Is the plane-wave solution to the Maxwell equation an instanton?

Question

The top answer in this post Why are there no instantons in the gauge group $U(1)$? stated that, the reason why there is no U(1) instanton in R^4 is the second cohomology group of R^4 is trivial. I can understand the logic of this answer(and I think the answer is great), but I also remember that there actually are non-trivial solutions to the free maxwell equation, that is just plane-waves.

So my question is, can the plane-waves solution be counted as "instantons"? (Very probably not, since I believe the answer above is right). And if not, why? It seems they really are non-trivial solutions to classcial equation of motions. Mathematically, why they can't be an element in the second cohomology group?

Thanks for any help. :)

Answer 1

In two-dimensional the topological defect that is analogous to an instanton is the vortex. A plane wave cannot produce a vortex by itself, but one can find solutions for the free Maxwell equations that contain vortices.

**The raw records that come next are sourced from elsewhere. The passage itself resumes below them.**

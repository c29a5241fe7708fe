-- ===== src/Cbor/Decode/RoundTrip/Fuel.antt =====
-- The decoder's fuel is enough for an encoding, and the round trip.
use aafp_go.Cbor.Decode.RoundTrip.Maps.{length-encode_head-pos}
use aafp_go.Cbor.Head.{encode_head}
use aafp_go.Cbor.Decode.RoundTrip.Parts.{Room}
use aafp_go.Base.{
  ℕ, suc, ◌+◌, ◌≤◌, ◌≡◌, refl, ap, ◌∙◌, Bool, Bool-cases, inl, inr, Bytes, List, [], ◌∷◌, ◌++◌,
  length, length-append, ok, arith,
}
use aafp_go.Base.Int.{ℤ}
use aafp_go.Cbor.{
  Value, Items, IntEntries, StrEntries, unsigned, negative, byte_string, text_string, array,
  int_map, str_map, boolean, null, no_items, item, no_ints, int_entry, no_strs, str_entry, Limits,
}
use aafp_go.Cbor.Encode.{
  encode, encode_items, encode_ints, encode_strs, count_items, insert, sort_entries, int_key_less,
  str_key_less, write_ints, write_strs, encode_int_key, encode_text,
}
use aafp_go.Cbor.Decode.{decode}
use aafp_go.Cbor.Decode.RoundTrip.Shape.{canon, Fits, depth, depth_items, depth_ints, depth_strs}
use aafp_go.Cbor.Decode.RoundTrip.Values.{reads}

-- How many bytes the values of a map take.
abbrev total {ℓ} : {K : Type ℓ} → List (K × Bytes) → ℕ
total [] = 0
total ((k, b) ∷ es) = length b + total es

module _ {ℓ} {K : Type ℓ} (less : K → K → Bool) where
  total-insert :
      (k : K) (b : Bytes) (es : List (K × Bytes))
      → total (insert less (k, b) es) ≡ length b + total es
  total-insert k b [] = refl
  total-insert k b ((j, c) ∷ es) = elim (Bool-cases (less j k)) [
    | inl before ↦ rw before (omega (arith, total-insert k b es))
    | inr after ↦ rw after
  ]

  total-sort_entries : (es : List (K × Bytes)) → total (sort_entries less es) ≡ total es
  total-sort_entries [] = refl
  total-sort_entries ((k, b) ∷ es) =
      total-insert k b (sort_entries less es) ∙ ap (λ n. length b + n) (total-sort_entries es)

total-write_ints : (es : List (ℤ × Bytes)) → total es ≤ length (write_ints es)
total-write_ints [] = omega arith
total-write_ints ((k, b) ∷ es) = omega (
  arith,
  length-append (encode_int_key k) (b ++ write_ints es),
  length-append b (write_ints es),
  total-write_ints es,
)

total-write_strs : (es : List (Bytes × Bytes)) → total es ≤ length (write_strs es)
total-write_strs [] = omega arith
total-write_strs ((k, b) ∷ es) = omega (
  arith,
  length-append (encode_text k) (b ++ write_strs es),
  length-append b (write_strs es),
  total-write_strs es,
)

mutual
  unfolding encode depth

  pub depth-le : (v : Value) → depth v ≤ suc (length (encode v))
  depth-le (unsigned n) = omega arith
  depth-le (negative n) = omega arith
  depth-le (byte_string b) = omega arith
  depth-le (text_string s) = omega arith
  depth-le (array xs) = omega (
    arith,
    length-append (encode_head 0x80 (count_items xs)) (encode_items xs),
    length-encode_head-pos 0x80 (count_items xs),
    depth_items-le xs,
  )
  depth-le (int_map es) = omega (
    arith,
    length-append (encode_head 0xa0 (length (encode_ints es)))
        (write_ints (sort_entries int_key_less (encode_ints es))),
    length-encode_head-pos 0xa0 (length (encode_ints es)),
    total-write_ints (sort_entries int_key_less (encode_ints es)),
    total-sort_entries int_key_less (encode_ints es),
    depth_ints-le es,
  )
  depth-le (str_map es) = omega (
    arith,
    length-append (encode_head 0xa0 (length (encode_strs es)))
        (write_strs (sort_entries str_key_less (encode_strs es))),
    length-encode_head-pos 0xa0 (length (encode_strs es)),
    total-write_strs (sort_entries str_key_less (encode_strs es)),
    total-sort_entries str_key_less (encode_strs es),
    depth_strs-le es,
  )
  depth-le (boolean b) = omega arith
  depth-le null = omega arith

  depth_items-le : (xs : Items) → depth_items xs ≤ suc (length (encode_items xs))
  depth_items-le no_items = omega arith
  depth_items-le (item v xs) =
      omega (arith, depth-le v, depth_items-le xs, length-append (encode v) (encode_items xs))

  depth_ints-le : (es : IntEntries) → depth_ints es ≤ suc (total (encode_ints es))
  depth_ints-le no_ints = omega arith
  depth_ints-le (int_entry k v es) = omega (arith, depth-le v, depth_ints-le es)

  depth_strs-le : (es : StrEntries) → depth_strs es ≤ suc (total (encode_strs es))
  depth_strs-le no_strs = omega arith
  depth_strs-le (str_entry k v es) = omega (arith, depth-le v, depth_strs-le es)

-- `Decode` reads every value back from its canonical encoding, whatever bytes follow it, and takes
-- just the encoding: the value comes back with the entries of each map in canonical order and an
-- empty map as one with integer keys. The value's numbers fit their Go types, and the input is no
-- longer than an int and than the slices that `make` can allocate.
pub cbor_decode-encode :
    (limits : Limits) (v : Value) (rest : Bytes)
    → Fits v
    → Room limits (length (encode v ++ rest))
    → decode limits (encode v ++ rest) ≡ ok (canon v, length (encode v))
unfolding decode
cbor_decode-encode limits v rest h room =
    let input = encode v ++ rest in
    let split = length-append (encode v) rest in
    rw
      (reads limits (length input) room v h (suc (length input)) (omega (arith, depth-le v, split))
        rest (omega arith))
      (ap (λ n. ok (canon v, n)) (omega (arith, split)))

A vortex appear when there is a complex null in a two-dimensional complex field. A way to think about it is to separate the complex function into an amplitude and a phase $$ \psi(x,y) = A(x,y) \exp(i\theta(x,y)) . $$ The phase function $\theta(x,y)$ is given by a mapping from the two-dimensional plane to the unit circle. (Remember a phase of 0 is equal to a phase of $2\pi$.) The unit circle has a nontrivial second homotopy group. What this mean is that when a consider any closed contour on the two-dimensional plane and a consider how the phase function maps this contour onto the unit circle I can find cases where the mapping of the contour is warped around the circle so that when a shrink the contour to a point on the two-dimensional plane the mapping on the circle must jump from one side to the other to become a point on the circle. This jump is not allowed from a topological point of view. Therefore the must be a topological defect (a vortex) enclosed by the initial contour. When I consider this complex field in three-dimensional space, the vortices become lines, and in 4D they become sheets.

Now let's generalize this picture to four dimensional to consider instantons. In this case we need to change the circle to a hypersphere embedded in 4D. Here we are looking for fields with a nontrivial fourth homotopy group. Note that when I have a circle on such a hypersphere, I can shrink it to a point without having to jump from one side to another. Therefore, a phase function does not contain the ability to form instantons. So the solutions of the free Maxwell equations do not contain instantons.

To get an instanton I must give the field more internal degrees of freedom, like what we would have with the gauge fields of non-abelian gauge interactions. Such fields can be represented by an amplitude times a more complicated structure (the generalization of a phase) that is parameterized by a function given as a mapping from $\mathbb{R}^4$ to a hypersphere. Provided that this hypersphere has a nontrivial fourth homotopy group, this field can produce instantons.